Diterjemahkan dari bahasa Inggris ke bahasa Indonesia - www.onlinedoctranslator.

com

(Ma'arif, Agil & Widyowati, 2019) Farmasains : Jurnal Farmasi dan Ilmu Kesehatan 4(2), 7-10.

FARMASAINS: JURNAL FARMASI DAN ILMU KESEHATAN

Jilid 4, Nomor 2, 2019. p-ISSN : 2086-3373 | e-ISSN : 2620-987X https:
ejournal.umm.ac.id/index.php/farmasains

Artikel Penelitian

Isolasi senyawa terpenoid ekstrak n-heksana

Marsilea crenataPresl.
Burhan Ma'arif[1]*, Mangestuti Agil[2], Retno Widyowati[2]
1Jurusan Farmasi, Fakultas Kedokteran dan Ilmu Kesehatan, Universitas Islam Negeri Maulana Malik
Ibrahim, Malang, Indonesia.
2Jurusan Farmakognosi dan Fitokimia, Fakultas Farmasi, Universitas Airlangga, Surabaya,
Indonesia
*
Email: burhan.maarif@farmasi.uin-malang.ac.id Telepon : +62 813 3555 5725

INFORMASI ARTIKEL ABSTRAK

Sejarah Artikel Isolasi, identifikasi, dan penjelasan struktur senyawa terpenoid dari ekstrak
Diterima 21 Oktober 2019 n-heksanaMarsilea crenataPresl., telah dilakukan.

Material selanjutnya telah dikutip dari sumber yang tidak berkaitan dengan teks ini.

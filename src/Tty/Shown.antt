-- ===== src/Tty/Shown.antt =====
-- A character stands where the cursor was, and the history shows older lines without changing any.
use kernel_legacy.Tty.{
  Tty, vga_width, vga_height, tty_hist_size, byte, tty_framebuffer_scroll_down, tty_history_enable,
  tty_history_disable, tty_history_scroll_up, tty_history_scroll_down, offset, write_entry,
  tty_framebuffer_write, at, wrap_y, wrap_cursor, put_printable,
}
use kernel_legacy.Tty.Screen.{OnScreen, wrap_y-stays, wrap_y-once, wrap_x-stays, wrap_x-once}
use kernel_legacy.Prelude.{
  ℕ, suc, ◌+◌, ◌*◌, ◌≤◌, ◌<◌, ◌≡◌, refl, ap, ◌∙◌, ◌≢◌, inl, inr, false, not, ◌&&◌, ◌||◌, List, [],
  ◌∷◌, arith, ltb, leb, ◌==◌, if◌then◌else◌, ==→eq, eq→==, Bool-cases,
}

-- the keys that move the view of the history
pub data Scroll : Type 0 where
  up down : Scroll

abbrev pub scroll : Scroll → Tty → Tty
scroll up t = tty_history_scroll_up t
scroll down t = tty_history_scroll_down t

abbrev pub scroll_all : List Scroll → Tty → Tty
scroll_all [] t = t
scroll_all (s ∷ rest) t = scroll_all rest (scroll s t)

-- the view differs from another one in its top line only, while it shows the history
abbrev Views : Tty → Tty → Type 0
Views t u =
    (u.framebuffer ≡ t.framebuffer)
    × (u.cursor ≡ t.cursor)
    × (u.history.top_line_save ≡ t.top_line_index)

scroll-Views : (s : Scroll) (t u : Tty) → Views t u → Views t (scroll s u)
unfolding tty_history_scroll_up tty_history_scroll_down
scroll-Views up t u v =
    elim (Bool-cases (
      not u.history.status
      || u.top_line_index
        == (if u.history.stop_scroll then 0 else byte (u.history.top_line_save + 1)))) [
          | inl stay ↦ rw (tty_history_scroll_up, stay) v
          | inr move ↦ rw (tty_history_scroll_up, move) v
        ]
scroll-Views down t u v =
    elim (Bool-cases (
      not u.history.status
      || byte (u.history.top_line_save + u.cursor.y) == byte (u.top_line_index + u.cursor.y))) [
        | inl stay ↦ rw (tty_history_scroll_down, stay) v
        | inr move ↦ rw (tty_history_scroll_down, move) v
      ]

scroll_all-Views : (l : List Scroll) (t u : Tty) → Views t u → Views t (scroll_all l u)
scroll_all-Views [] t u v = v
scroll_all-Views (s ∷ rest) t u v = scroll_all-Views rest t (scroll s u) (scroll-Views s t u v)

-- Where the top line is a byte, however the view is moved after the history is enabled, disabling it
-- gives back the lines, the cursor and the top line from before.
pub history_disable-scroll_all :
    (l : List Scroll) (t : Tty)
    → t.top_line_index < tty_hist_size
    → let after = tty_history_disable (scroll_all l (tty_history_enable t)) in
      (after.framebuffer ≡ t.framebuffer)
      × (after.cursor ≡ t.cursor)
      × (after.top_line_index ≡ t.top_line_index)
      × (after.history.status ≡ false)
unfolding tty_history_enable tty_history_disable
history_disable-scroll_all l t lt =
    let (lines, cursor, top) = scroll_all-Views l t (tty_history_enable t) (refl, refl, refl) in
    (lines, cursor, ap byte top ∙ omega arith, refl)

-- A line that is on the screen is not the one that scrolling clears.
line_kept :
    (top x y : ℕ)
    → x < vga_width
    → y < vga_height
    → let k = byte (top + y) * vga_width + x in
      (leb (byte (byte (top + 1) + 24) * vga_width) k
        && ltb k (byte (byte (top + 1) + 24) * vga_width + vga_width))
      ≡ false
line_kept top x y hx hy =
    let apart : byte (byte (top + 1) + 24) ≢ byte (top + y) = omega arith in ground (arith, apart)

wrap_y-keeps :
    (n : ℕ) (t : Tty) (x y : ℕ)
    → t.cursor.y ≤ vga_height
    → x < vga_width
    → y < vga_height
    → let k = byte (t.top_line_index + y) * vga_width + x in
      (wrap_y (suc n) t).framebuffer k ≡ t.framebuffer k
unfolding tty_framebuffer_scroll_down
wrap_y-keeps n t x y le hx hy =
    let k = byte (t.top_line_index + y) * vga_width + x in
    elim (Bool-cases (leb vga_height t.cursor.y)) [
      | inr on ↦ ap (λ u. u.framebuffer k) (wrap_y-stays (suc n) t (ground arith))
      | inl over ↦
          let low : t.cursor.y ≡ vga_height = ground (arith, le) in
          ap (λ u. u.framebuffer k) (wrap_y-once n t low)
          ∙ rw (line_kept t.top_line_index x y hx hy) refl
    ]

-- what is on the screen stays in its place of the frame buffer while the cursor wraps
wrap_cursor-keeps :
    (t : Tty) (x y : ℕ)
    → t.cursor.x ≤ vga_width
    → t.cursor.y < vga_height
    → x < vga_width
    → y < vga_height
    → let k = byte (t.top_line_index + y) * vga_width + x in
      (wrap_cursor t).framebuffer k ≡ t.framebuffer k
unfolding wrap_cursor
wrap_cursor-keeps t x y le lt hx hy =
    let k = byte (t.top_line_index + y) * vga_width + x in
    elim (Bool-cases (t.cursor.x == vga_width)) [
      | inl wide ↦
          ap (λ u. (wrap_y 231 u).framebuffer k) (wrap_x-once t (==→eq _ _ wide) lt)
          ∙ wrap_y-keeps 230 (at t 0 (suc t.cursor.y)) x y (omega arith) hx hy
      | inr inside ↦
          ap (λ u. (wrap_y 231 u).framebuffer k) (wrap_x-stays 4 t (ground arith))
          ∙ wrap_y-keeps 230 t x y (omega arith) hx hy
    ]

-- A character other than a new line, a carriage return and a tab, put while the history is not
-- shown, stands with the mode of the terminal in the frame buffer where the cursor was, also where
-- the screen scrolls behind it.
pub put_printable-shows :
    (t : Tty) (c : ℕ)
    → OnScreen t
    → t.history.status ≡ false
    → (put_printable t c).framebuffer (offset t) ≡ record { character = c; mode = t.mode }
unfolding put_printable tty_framebuffer_write write_entry
put_printable-shows t c on now =
    let x = on.column in
    let y = on.line in
    let moved = at (write_entry t c) (byte (t.cursor.x + 1)) t.cursor.y in
    ap
      (λ b.
        let w = write_entry (if b then tty_history_disable t else t) c in
        (wrap_cursor (at w (byte (w.cursor.x + 1)) w.cursor.y)).framebuffer (offset t))
      now
    ∙ wrap_cursor-keeps moved t.cursor.x t.cursor.y (omega arith) y x y
    ∙ rw (eq→== (offset t) (offset t) refl) refl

Daun dariM. crenata
Revisi 27 Desember 2019 diekstraksi menggunakan pelarut n-heksana. Ekstrak kemudian dipisahkan
Diterima 5 Januari 2020 dengan kromatografi kolom vakum dan kromatografi kolom terbuka untuk
mendapatkan isolatnya. Selanjutnya isolat diidentifikasi dan dielusidasi
Kata kunci menggunakan UV-Vis, FT-IR,1H-NMR,13C-NMR, dan 2D-NMR (COSY, HMQC,
Marsilea crenataPresl. dan HMBC). Identifikasi dan penjelasan struktur yang diisolasi dari ekstrak
Isolasi n-heksanaM. crenatadaun menunjukkan isolat adalah triterpenoid
Senyawa Terpenoid pentasiklik.

doi
10.22219/farmasains.v4i2.10717

Bagaimana mengutip: Ma'arif, B., Mangestuti, A., & Widyowati, R. (2019). Isolasi senyawa terpenoid dari n-heksana
ekstrak dariMarsilea crenataPresl.Farmasiins : Jurnal Farmasi dan Ilmu Kesehatan, 4(2), 11-15. Doi:
https://doi.org/10.22219/farmasains.v4i2.10717.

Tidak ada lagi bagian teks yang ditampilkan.